Transtorno do Espectro Autista. Neuroinflamação. Sistema Imune. Citocinas.

Resumo

Introdução: Evidências sugerem que eixos imunes e neuroinflamatórios participam da fisiopatologia do TEA, mas a magnitude e a aplicabilidade clínica desses achados ainda são heterogêneas. Objetivo: Sintetizar evidências de estudos primários sobre desordens imunes associadas ao TEA e avaliar a qualidade metodológica por delineamento. Métodos: Revisão sistemática registrada no PROSPERO (CRD420251067439), conduzida conforme PRISMA 2020. Buscas em PubMed/MEDLINE, SciELO e LILACS (2020–2025), complementadas por rastreamento de referências. Inclusão: estudos originais observacionais (transversal/coorte) e experimentais/laboratoriais que relacionassem TEA a marcadores ou mecanismos imuno-inflamatórios. Exclusão: revisões, metanálises, editoriais, relatos de caso e duplicatas. Avaliação do risco de viés: RoB 2 (experimentais) e JBI (observacionais). Resultados: Dos 3.600 registros, 12 estudos foram incluídos.
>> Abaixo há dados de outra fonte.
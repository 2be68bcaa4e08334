-- ===== src/Worker/Outcomes/Form.antt =====
-- The form of the Results that a worker (src/openlinker/runtime/worker.py) keeps for its handlers.
use openlinker_python.Prelude.{
  ℕ, zero, suc, ◌≤◌, ◌≡◌, refl, false, List, [], ◌∷◌, Text, text, text_eq, text_beq, text_beq_sound,
  Option, none, some, ◌==◌, take, length, ℤ, pos, negsuc, arith, inl, inr, ◌⊎◌, Bool-cases,
}
use openlinker_python.Json.{Json, bool, int, str, obj, Fields, end, field, get_field}
use openlinker_python.Errors.{ok}
use openlinker_python.Types.Identity.{RuntimeAttemptIdentity}
use openlinker_python.Worker.Outcomes.{
  Returned, RuntimeResult, RuntimeHandlerError, as_result, normalize_result, check_success,
  check_failed, invalid_result, failed, bounded, clamp, result_body, result_payload,
}

-- An error as it is sent.
abbrev error_fields : Text → Text → Fields
error_fields code message =
    field (text "error_code") (str code)
      (field (text "message") (str message) (field (text "retryable_hint") (bool false) end))

-- A success has an output and no error, a failure an error of bounded length and no output.
pub record IsSuccess (fs : Fields) : Type 0 where
  pub output : Fields
  pub status : get_field fs (text "status") ≡ some (str (text "success"))
  pub has_output : get_field fs (text "output") ≡ some (obj output)
  pub no_error : get_field fs (text "error") ≡ none

pub record IsFailure (fs : Fields) : Type 0 where
  pub code : Text
  pub message : Text
  pub status : get_field fs (text "status") ≡ some (str (text "failed"))
  pub no_output : get_field fs (text "output") ≡ none
  pub has_error : get_field fs (text "error") ≡ some (obj (error_fields code message))
  pub code_bound : length code ≤ 120
  pub message_bound : length message ≤ 500

pub record HasDuration (fs : Fields) : Type 0 where
  pub duration : ℕ
  pub has_duration : get_field fs (text "duration_ms") ≡ some (int (pos duration))
  pub bound : duration ≤ 2147483647

-- A success or a failure of that form, whose duration fits 31 bits.
abbrev pub HasForm : Fields → Type 0
HasForm fs = (IsSuccess fs ⊎ IsFailure fs) × HasDuration fs

length-take : {A : Type 0} (n : ℕ) (xs : List A) → length (take n xs) ≤ n
length-take zero xs = omega arith
length-take (suc n) [] = omega arith
length-take (suc n) (x ∷ xs) = omega (arith, length-take n xs)

clamp_bound : (d : ℤ) → clamp d ≤ 2147483647
unfolding clamp
clamp_bound (pos n) = ground arith
clamp_bound (negsuc n) = omega arith

-- A success with an output, or a failure with an error.
abbrev pub Normal : RuntimeResult → Type 0
Normal r =
    ((o : Fields) × (r.status ≡ text "success") × (r.output ≡ some (obj o)) × (r.error ≡ none))
    ⊎ ((e : RuntimeHandlerError) × (r.status ≡ text "failed")
        × (r.output ≡ none)
        × (r.error ≡ some e))

invalid-Normal : (message : Text) → Normal (invalid_result message)
unfolding invalid_result failed
invalid-Normal message =
    inr (record { code = text "RESULT_INVALID"; message = message }, refl, refl, refl)

check_success-Normal :
    (s r : RuntimeResult) (o : Option Json) (e : Option RuntimeHandlerError)
    → s.status ≡ text "success"
    → s.output ≡ o
    → s.error ≡ e
    → check_success s o e ≡ ok r
    → Normal r
unfolding check_success
check_success-Normal s r (some (obj fs)) none status out none_is h =
    let same : s ≡ r = ground arith in rw (← same) (inl (fs, status, out, none_is))
check_success-Normal s r none e status out err_is h =
    let same : invalid_result (text "successful Runtime result requires output only") ≡ r =
      ground arith in
    rw (← same) (invalid-Normal _)
check_success-Normal s r (some v) none status out err_is h = absurd (ground arith)
check_success-Normal s r (some v) (some e) status out err_is h =
    let same : invalid_result (text "successful Runtime result requires output only") ≡ r =
      ground arith in
    rw (← same) (invalid-Normal _)

check_failed-Normal :
    (s : RuntimeResult) (o : Option Json) (e : Option RuntimeHandlerError)
    → s.status ≡ text "failed"
    → s.output ≡ o
    → s.error ≡ e
    → Normal (check_failed s o e)
unfolding check_failed
check_failed-Normal s none (some e) status out err_is = inr (e, status, out, err_is)
check_failed-Normal s none none status out err_is = invalid-Normal _
check_failed-Normal s (some v) e status out err_is = invalid-Normal _

-- what passes the normalization
pub normalize_result-Normal :
    (v : Returned) (r : RuntimeResult) → normalize_result v ≡ ok r → Normal r
unfolding normalize_result
normalize_result-Normal v r h =
    let s = as_result v in
    elim (Bool-cases (s.status == text "success")) [
      | inl good ↦
          check_success-Normal s r s.output s.error (text_beq_sound _ _ good) refl refl
            (ground arith)
      | inr not_good ↦ elim (Bool-cases (s.status == text "failed")) [
        | inl bad ↦
            let same : check_failed s s.output s.error ≡ r = ground arith in
            rw (← same) (check_failed-Normal s s.output s.error (text_beq_sound _ _ bad) refl refl)
        | inr not_bad ↦
            let same : invalid_result (text "Runtime result status is invalid") ≡ r =
              ground arith in
            rw (← same) (invalid-Normal _)
      ]
    ]

-- what a worker makes of a Result of that form
pub result_payload-HasForm :
    (r : RuntimeResult)
    → Normal r
    → (i : RuntimeAttemptIdentity) (d : ℤ) → HasForm (result_payload i r d)
unfolding result_payload result_body bounded get_field text_beq
result_payload-HasForm r h i d = elim h [
  | inl (o, status, out, clean) ↦ (
    inl (record {
      output = o;
      status = rw status refl;
      has_output = rw (status, out) refl;
      no_error = rw status refl;
    }),
    record { duration = clamp d; has_duration = refl; bound = clamp_bound d },
  )
  | inr (e, status, empty, found) ↦ (
    inr (record {
      code = bounded e.code 120 (text "HANDLER_ERROR");
      message = bounded e.message 500 (text "handler failed");
      status = rw status refl;
      no_output = rw status refl;
      has_error = rw (status, found) refl;
      code_bound = length-take 120 _;
      message_bound = length-take 500 _;
    }),
    record { duration = clamp d; has_duration = refl; bound = clamp_bound d },
  )
]
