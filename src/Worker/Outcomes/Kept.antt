-- ===== src/Worker/Outcomes/Kept.antt =====
-- The Result that a worker (src/openlinker/runtime/worker.py) keeps at the end of a handler, however it
-- ends.
use openlinker_python.Prelude.{
  ℕ, ◌+◌, ◌≡◌, refl, sym, ap, ◌∙◌, false, List, [], ◌∷◌, Text, text, text_eq, text_beq, some, ℤ,
  pos, arith, inl, inr, ◌⊎◌, Bool-cases, Option-cases, ◌==◌, if◌then◌else◌, ◌||◌, int_eq,
}
use openlinker_python.Dict.{Dict, get, get-set_item}
use openlinker_python.Json.{
  Json, null, bool, int, str, arr, obj, Fields, get_field, set_field, get_field-set_field,
}
use openlinker_python.Platform.{Platform}
use openlinker_python.Errors.{ok, Result-cases, invalid_value}
use openlinker_python.Exec.{Exec, pure, raise}
use openlinker_python.Worker.Run.{◌>>=◌}
use openlinker_python.Store.Records.{AssignmentRecord, ResultRecord, attempt_id_of, object_beq}
use openlinker_python.Store.Memory.{MemoryStore, memory_ready, full_payload}
use openlinker_python.Store.State.{started, finished, state_eq}
use openlinker_python.Store.Methods as store
use openlinker_python.Worker.Attempts.{Meanwhile, for_lock, Worker, on_store}
use openlinker_python.Worker.Outcomes.{
  RuntimeEvent, RuntimeResult, Outcome, returned, raised, cancelled, authority_invalid, Draws,
  failed, persist_event, persist_events, catching_failure, handler_error, outcome_result,
  keep_result, finish_attempt, is_cancelled, result_payload, normalize_result,
}
use openlinker_python.Worker.Outcomes.Form.{
  HasForm, Normal, result_payload-HasForm, normalize_result-Normal,
}
use openlinker_python.Worker.Keeps.{Keeps, kept, pure-Keeps, raise-Keeps, read-Keeps, bind-Keeps}

-- The two fields that `store_result` adds are none of those of the form.
get_field-full_payload :
    (fs : Fields) (id : Text) (final : ℤ) (key : Text)
    → (text "result_id" == key) ≡ false
    → (text "final_client_event_seq" == key) ≡ false
    → get_field (full_payload fs id final) key ≡ get_field fs key
unfolding full_payload
get_field-full_payload fs id final key other last =
    get_field-set_field (set_field fs (text "result_id") (str id)) (text "final_client_event_seq")
      key (int final)
    ∙ rw last (get_field-set_field fs (text "result_id") key (str id) ∙ rw other refl)

full_payload-HasForm :
    (fs : Fields) (id : Text) (final : ℤ) → HasForm fs → HasForm (full_payload fs id final)
unfolding text_beq
full_payload-HasForm fs id final (kind, d) =
    let status = get_field-full_payload fs id final (text "status") refl refl in
    let output = get_field-full_payload fs id final (text "output") refl refl in
    let error = get_field-full_payload fs id final (text "error") refl refl in
    let duration = get_field-full_payload fs id final (text "duration_ms") refl refl in
    (
      elim kind [
        | inl k ↦ inl (record {
          output = k.output;
          status = status ∙ k.status;
          has_output = output ∙ k.has_output;
          no_error = error ∙ k.no_error;
        })
        | inr k ↦ inr (record {
          code = k.code;
          message = k.message;
          status = status ∙ k.status;
          no_output = output ∙ k.no_output;
          has_error = error ∙ k.has_error;
          code_bound = k.code_bound;
          message_bound = k.message_bound;
        })
      ],
      record { duration = d.duration; has_duration = duration ∙ d.has_duration; bound = d.bound },
    )

-- The Results of a worker.
abbrev KeepsResults : {A : Type 0} → Dict Text ResultRecord → Exec Worker A → Type 0
KeepsResults d m = Keeps (λ w. w.store.results ≡ d) m

module _ ⦃p : Platform⦄ (d : Dict Text ResultRecord) where
  abbrev Same : Worker → Type 0
  Same w = w.store.results ≡ d

  append_event-results :
      (a kind : Text) (fs : Fields) (id : Text) (t u : ℕ) (s : MemoryStore)
      → (store.append_event memory_ready a kind fs id t u s).1.results ≡ s.results
  unfolding store.append_event
  append_event-results a kind fs id t u s = ground arith

  append-Keeps :
      (a kind : Text) (fs : Fields) (id : Text) (t u : ℕ)
      → Keeps Same (on_store (store.append_event memory_ready a kind fs id t u))
  unfolding Keeps
  append-Keeps a kind fs id t u w x = append_event-results a kind fs id t u w.store ∙ x

  payload-Keeps :
      (a kind : Text) (payload : Json) (id : Text) (now : ℕ)
      → Keeps {A = Unit {0}} Same (elim payload [
        | obj fs ↦ (do _ ← on_store (store.append_event memory_ready a kind fs id now now); pure tt)
        | _ ↦ raise invalid_value
      ])
  payload-Keeps a kind (obj fs) id now =
      bind-Keeps Same _ _ (append-Keeps a kind fs id now now) λ _. pure-Keeps Same _
  payload-Keeps a kind (arr vs) id now = raise-Keeps Same _ _
  payload-Keeps a kind (str t) id now = raise-Keeps Same _ _
  payload-Keeps a kind null id now = raise-Keeps Same _ _
  payload-Keeps a kind (bool b) id now = raise-Keeps Same _ _
  payload-Keeps a kind (int n) id now = raise-Keeps Same _ _

  module _ (draws : Draws) where
    persist_events-Keeps :
        (a : Text) (es : List RuntimeEvent) (n now : ℕ)
        → Keeps Same (persist_events draws a es n now)
    unfolding persist_events persist_event
    persist_events-Keeps a [] n now = pure-Keeps Same _
    persist_events-Keeps a (e ∷ es) n now =
        bind-Keeps Same _ _
          (bind-Keeps Same _ _ (read-Keeps Same _)
            λ _. payload-Keeps a e.event_type e.payload (draws.event_id n) now)
          λ _. persist_events-Keeps a es (n + 1) now

    catching-Keeps :
        (m : Exec Worker RuntimeResult) → Keeps Same m → Keeps Same (catching_failure draws m)
    unfolding Keeps catching_failure
    catching-Keeps m h w x = h w x

    outcome_result-Keeps :
        (a : Text) (outcome : Outcome) (now : ℕ) → Keeps Same (outcome_result draws a outcome now)
    unfolding outcome_result
    outcome_result-Keeps a (returned v) now = catching-Keeps _ (
        bind-Keeps Same _ _ (read-Keeps Same _)
          λ r. bind-Keeps Same _ _ (persist_events-Keeps a r.events 0 now) λ _. pure-Keeps Same _)
    outcome_result-Keeps a (raised message) now = pure-Keeps Same _
    outcome_result-Keeps a cancelled now = pure-Keeps Same _
    outcome_result-Keeps a authority_invalid now = pure-Keeps Same _

module _ ⦃p : Platform⦄ (draws : Draws) where
  handler_error-Normal : (message : Text) → Normal (handler_error draws message)
  unfolding handler_error failed
  handler_error-Normal message = inr (_, refl, refl, refl)

  failed-Normal : (code message : Text) → Normal (failed code message)
  unfolding failed
  failed-Normal code message = inr (_, refl, refl, refl)

  -- what comes of a handler, in any way, is a success or a failure
  outcome_result-Normal :
      (a : Text) (outcome : Outcome) (now : ℕ) (w : Worker) (r : RuntimeResult)
      → (outcome_result draws a outcome now w).0 ≡ ok r
      → Normal r
  unfolding ◌>>=◌ outcome_result catching_failure
  outcome_result-Normal a (returned v) now w r h = elim (Result-cases (normalize_result v)) [
    | inr (e, q) ↦
        let same : handler_error draws (draws.message e) ≡ r = ground arith in
        rw (← same) (handler_error-Normal (draws.message e))
    | inl (s, q) ↦ elim (Result-cases (persist_events draws a s.events 0 now w).0) [
      | inr (e, k) ↦
          let same : handler_error draws (draws.message e) ≡ r = ground arith in
          rw (← same) (handler_error-Normal (draws.message e))
      | inl (u, k) ↦ let same : s ≡ r = ground arith in rw (← same) (normalize_result-Normal v s q)
    ]
  ]
  outcome_result-Normal a (raised message) now w r h =
      let same : handler_error draws message ≡ r = ground arith in
      rw (← same) (handler_error-Normal message)
  outcome_result-Normal a cancelled now w r h =
      let same : failed (text "HANDLER_CANCELLED")
            (text "handler stopped without a Runtime cancellation")
          ≡ r =
        ground arith in
      rw (← same) (failed-Normal _ _)
  outcome_result-Normal a authority_invalid now w r h =
      let same : failed (text "ASSIGNMENT_AUTHORITY_INVALID")
            (text "assignment Runtime authority is invalid")
          ≡ r =
        ground arith in
      rw (← same) (failed-Normal _ _)

module _ ⦃p : Platform⦄ where
  -- A Result that is there after `store_result` was there before, or has its payload.
  store_result-results :
      (a : Text) (payload : Fields) (fresh : Text) (t u : ℕ) (s : MemoryStore) (x : ResultRecord)
      → get (store.store_result memory_ready a payload fresh t u s).1.results a ≡ some x
      → (get s.results a ≡ some x)
        ⊎ ((id : Text) × (final : ℤ) × (x.payload ≡ full_payload payload id final))
  unfolding store.store_result
  store_result-results a payload fresh t u s x h =
      elim (Result-cases (store.assignment_for_attempt memory_ready a s)) [
        | inr (e, k) ↦ inl (ground arith)
        | inl (r, k) ↦ elim (Bool-cases (r.state == started || r.state == finished)) [
          | inr f ↦ inl (ground arith)
          | inl y ↦ elim (Option-cases (get s.results a)) [
            | inr (old, g) ↦ elim (Bool-cases (object_beq old.payload payload)) [
              | inl q ↦ inl (ground arith)
              | inr q ↦ inl (ground arith)
            ]
            | inl g ↦ elim (Result-cases (store.final_seq_for payload r.last_client_event_seq)) [
              | inr (e, q) ↦ inl (ground arith)
              | inl (final, q) ↦
                  let id = store.result_id_for payload fresh in
                  let made = store.new_result r payload id final t in
                  let here : made ≡ x =
                    ground (arith, get-set_item s.results a a made, text_eq.same_iff a a) in
                  inr
                    (id, final, ap (λ y. y.payload) (sym here) ∙ (unfold store.new_result in refl))
            ]
          ]
        ]
      ]

  keep_result-HasForm :
      (draws : Draws) (r : AssignmentRecord) (y : RuntimeResult) (now : ℕ) (w : Worker)
      (x : ResultRecord)
      → Normal y
      → get (keep_result draws r y now w).1.store.results (attempt_id_of r) ≡ some x
      → (get w.store.results (attempt_id_of r) ≡ some x) ⊎ HasForm x.payload
  unfolding ◌>>=◌ keep_result
  keep_result-HasForm draws r y now w x normal h =
      let a = attempt_id_of r in
      elim (Bool-cases (is_cancelled a w || draws.force_cancel)) [
        | inl s ↦ inl (ground arith)
        | inr n ↦
            let duration = if y.duration_ms == pos 0 then pos draws.elapsed_ms else y.duration_ms in
            let payload = result_payload r.identity.attempt y duration in
            let write = store.store_result memory_ready a payload draws.result_id now now w.store in
            let there : get write.1.results a ≡ some x = elim (Result-cases write.0) [
              | inr (e, k) ↦ ground arith
              | inl (u, k) ↦ ground arith
            ] in
            elim (store_result-results a payload draws.result_id now now w.store x there) [
              | inl before ↦ inl before
              | inr (id, final, made) ↦ inr (
                  rw made (
                    full_payload-HasForm payload id final
                      (result_payload-HasForm y normal r.identity.attempt duration)))
            ]
      ]

  -- However the call of a handler ends, also where it raises, is cancelled or was not authorized: a
  -- Result of its Attempt that is kept after the end of the Attempt was kept before, or by another
  -- task while this one waited for the lock of the Attempt, or is a success with an output and no
  -- error, or a failure with an error of bounded length and no output, and its duration fits 31 bits.
  pub finish_attempt-HasForm :
      (draws : Draws) (meanwhile : Meanwhile) (r : AssignmentRecord) (outcome : Outcome) (now : ℕ)
      (w : Worker) (x : ResultRecord)
      → get (finish_attempt draws meanwhile r outcome now w).1.store.results (attempt_id_of r)
        ≡ some x
      → (get w.store.results (attempt_id_of r) ≡ some x)
        ⊎ (get
              (meanwhile
                (for_lock (attempt_id_of r))
                (outcome_result draws (attempt_id_of r) outcome now w).1).store.results
              (attempt_id_of r)
            ≡ some x)
        ⊎ HasForm x.payload
  unfolding ◌>>=◌ finish_attempt
  finish_attempt-HasForm draws meanwhile r outcome now w x h =
      let a = attempt_id_of r in
      let end = outcome_result draws a outcome now w in
      let same : end.1.store.results ≡ w.store.results =
        kept _ _ (outcome_result-Keeps w.store.results draws a outcome now) w refl in
      elim (Result-cases end.0) [
        | inr (e, q) ↦ inl (ground arith)
        | inl (y, q) ↦ elim (Bool-cases (is_cancelled a end.1 || draws.force_cancel)) [
          | inl s ↦ inl (ground arith)
          | inr n ↦
              let after = meanwhile (for_lock a) end.1 in
              let there : get (keep_result draws r y now after).1.store.results a ≡ some x =
                ground arith in
              let normal = outcome_result-Normal draws a outcome now w y q in
              inr (keep_result-HasForm draws r y now after x normal there)
        ]
      ]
Em modelos e amostras humanas, observaram-se aumento de IL-6 por monócitos e assinaturas transcricionais pró-inflamatórias, além de polarização microglial e estresse oxidativo, sugerindo circuito periferia–SNC. Em coortes, condições imunes maternas, infecções na gestação/início da vida e febre pré-natal associaram-se a maior risco de TEA. Achados moleculares indicaram mis-splicing de microéxon em CPEB4 com impacto sináptico. A qualidade foi globalmente moderada a boa; limitações incluíram heterogeneidade de métodos, amostras pequenas e controle incompleto de confundidores. Conclusão: As evidências apontam contribuição de mecanismos imuno-inflamatórios e exposições maternas para o risco e a expressão fenotípica do TEA, reforçando a necessidade de biomarcadores padronizados e coortes multicêntricas para validação clínica.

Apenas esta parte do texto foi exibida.